Yonatan Zunger zunger at humu.com
Sat May 18 20:13:49 EDT 2019


Hi everyone,

I'd like to bounce this proposal off everyone and see if it's worth
formulating as a PEP. I haven't found any prior discussion of it, but as we
all know, searches can easily miss things, so if this is old hat please LMK.

*Summary: *The construction

with expr1 as var1, expr2 as var2, ...:
    body

fails (with an AttributeError) unless each expression returns a value
satisfying the context manager protocol. Instead, we should permit any
expression to be used. If a value does not expose an __enter__ method, it
should behave as though its __enter__ method is return self; if it does not
have an __exit__ method, it should behave as though that method is return
False.

*Rationale: *The with statement has proven to be a valued extension to
Python. In addition to providing improved readability for block scoping, it
has strongly encouraged the use of scoped cleanups for objects which
require them, such as files and mutices, in the process eliminating a lot
of annoying bugs. I would argue that at present, whenever dealing with an
object which requires such cleanup at a known time, with should be the
default way of doing it, and *not* doing so is the sort of thing one should
be explaining in a code comment. However, the current syntax makes a few
common patterns harder to implement than they should be.

For example, this is a good pattern:

with functionReturningFile(...) as input:
   doSomething(input)

There are many cases where an Optional[file] makes sense as a parameter, as
well; for example, an optional debug output stream, or an input source
which may either be a file (if provided) or some non-file source (by
default). Likewise, there are many cases where a function may naturally
return an Optional[file], e.g. "open the file if the user has provided the
filename." However, the following is *not* valid Python:

with functionReturningOptionalFile(...) as input:
   doSomething(input)

To handle this case, one has a few options. One may only use the 'with' in
the known safe cases:

inputFile = functionReturningOptionalFile(...)
if inputFile:
    with inputFile as input:
        doSomething(input)
else:
    doSomething(None)

(NB that this requires factoring the with statement body into its own
function, which may separately reduce readability and/or introduce
overhead); one may dispense with the 'with' clause and do it in the
pre-PEP343 way:

try:
    input = functionReturningOptionalFile(...)
    doSomething(input)
finally:
    if input:
        input.close()

(This sacrifices all the benefits of the with statement, and requires the
caller to explicitly call the cleanup methods, increasing error-proneness);
or one may construct an explicit 'dev-null' class and return it instead of
the file:

class DevNullFile(object):
    .... implement the entire File API, including a context manager ...

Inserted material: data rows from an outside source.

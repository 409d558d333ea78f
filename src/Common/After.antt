-- ===== src/Common/After.antt =====
-- What holds after a computation: `After Q E r` says that a value and the state it leaves satisfy `Q`, and
-- that the state an error leaves satisfies `E`.
use mathlib.Core.Path.{◌≡◌, refl, ap, subst}
use native.Mathlib.Omega.{arith}
use pqfs.Common.Results.{Error, Result, ok, err}
use pqfs.Common.Exec.{Exec, and_then}

pub record After {S A : Type 0} (Q : A → S → Type 0) (E : S → Type 0) (r : Result A × S)
    : Type 0 where
  pub good : (a : A) (s : S) → r ≡ (ok a, s) → Q a s
  pub bad : (e : Error) (s : S) → r ≡ (err e, s) → E s

pub ok-injective : {A : Type 0} {a b : A} → ok a ≡ ok b → a ≡ b
ok-injective h = cc h

module _ {S A : Type 0} {Q : A → S → Type 0} {E : S → Type 0} where
  pub After-ok : (a : A) (s : S) → Q a s → After Q E (ok a, s)
  After-ok a s h = record {
    good = λ b t e.
        subst (λ x. Q x t) (ok-injective (ap (λ r. r.0) e)) (subst (Q a) (ap (λ r. r.1) e) h);
    bad = λ x t e. absurd (ground (arith, e));
  }

  pub After-err : (x : Error) (s : S) → E s → After Q E (err x, s)
  After-err x s h = record {
    good = λ b t e. absurd (ground (arith, e));
    bad = λ y t e. subst E (ap (λ r. r.1) e) h;
  }

  -- A result that is given, on an unchanged state.
  pub After-lift : (r : Result A) (s : S) → ((a : A) → r ≡ ok a → Q a s) → E s → After Q E (r, s)
  After-lift (ok a) s h g = After-ok a s (h a refl)
  After-lift (err e) s h g = After-err e s g

  -- What holds of the state whatever came of it.
  pub After-state :
      (P : S → Type 0) (r : Result A × S)
      → ((a : A) (s : S) → Q a s → P s)
      → ((s : S) → E s → P s)
      → After Q E r
      → P r.1
  After-state P (ok a, s) f g h = f a s (h.good a s refl)
  After-state P (err e, s) f g h = g s (h.bad e s refl)

-- The step after a step.
pub After-bind :
    {S A B : Type 0} {P : A → S → Type 0} {Q : B → S → Type 0} {E : S → Type 0} (r : Result A × S)
    (f : A → Exec S B)
    → After P E r
    → ((a : A) (s : S) → P a s → After Q E (f a s))
    → After Q E (and_then r f)
After-bind (ok a, s) f h g = g a s (h.good a s refl)
After-bind (err e, s) f h g = After-err e s (h.bad e s refl)

-- Less is asked for.
pub After-weaken :
    {S A : Type 0} {P Q : A → S → Type 0} {E F : S → Type 0} (r : Result A × S)
    → ((a : A) (s : S) → P a s → Q a s)
    → ((s : S) → E s → F s)
    → After P E r
    → After Q F r
After-weaken r f g h = record {
  good = λ a s e. f a s (h.good a s e);
  bad = λ x s e. g s (h.bad x s e);
}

(This can only be described as god-awful, especially for complex API's like
files)

One obvious option would be to allow None to act as a context manager as
well. We might contrast this with PEP 336
<https://www.python.org/dev/peps/pep-0336/>, "Make None Callable." This was
rejected (rightly, I think) because "it is considered a feature that None
raises an error if called." For example, it means that if a function
variable has been nulled, attempting to call it later raises an error, as
this usually indicates a code mistake. In the case where that is not
correct, it is easy to assign a noop lambda to the function variable
instead of None, thus allowing the error-checking and the
function-deactivating behaviors to both persist, and in a clear and easily
understandable way.

In this case, OTOH, the AttributeError raised if None is passed to a with
statement has significantly lower value. As the example above illustrates,
there are many cases where None is an entirely legitimate value to want to
pass, and unlike in the other situation, there is no equally easy way to
pass it. Furthermore, if the passing of None *is* an error in some case, it
is more useful to see that error at the site where the variable is actually
used in the with statement body -- the thing for which it does not make
sense to use None -- rather than at a structural declaration which
essentially defines a variable scope.

This is also the reason why such a change would impact relatively little
existing code: code already has to be structured to prevent this from
happening. If the assigned expression in the with statement could only
return None as a result of a code bug, and a piece of existing code is
relying on the with statement to catch it, it would instead fall through
and be caught by their own body code, presumably giving a more coherent
error anyway. This is a nonzero change in behavior, but it's well within
the scope of behavior changes which normally occur from version to version.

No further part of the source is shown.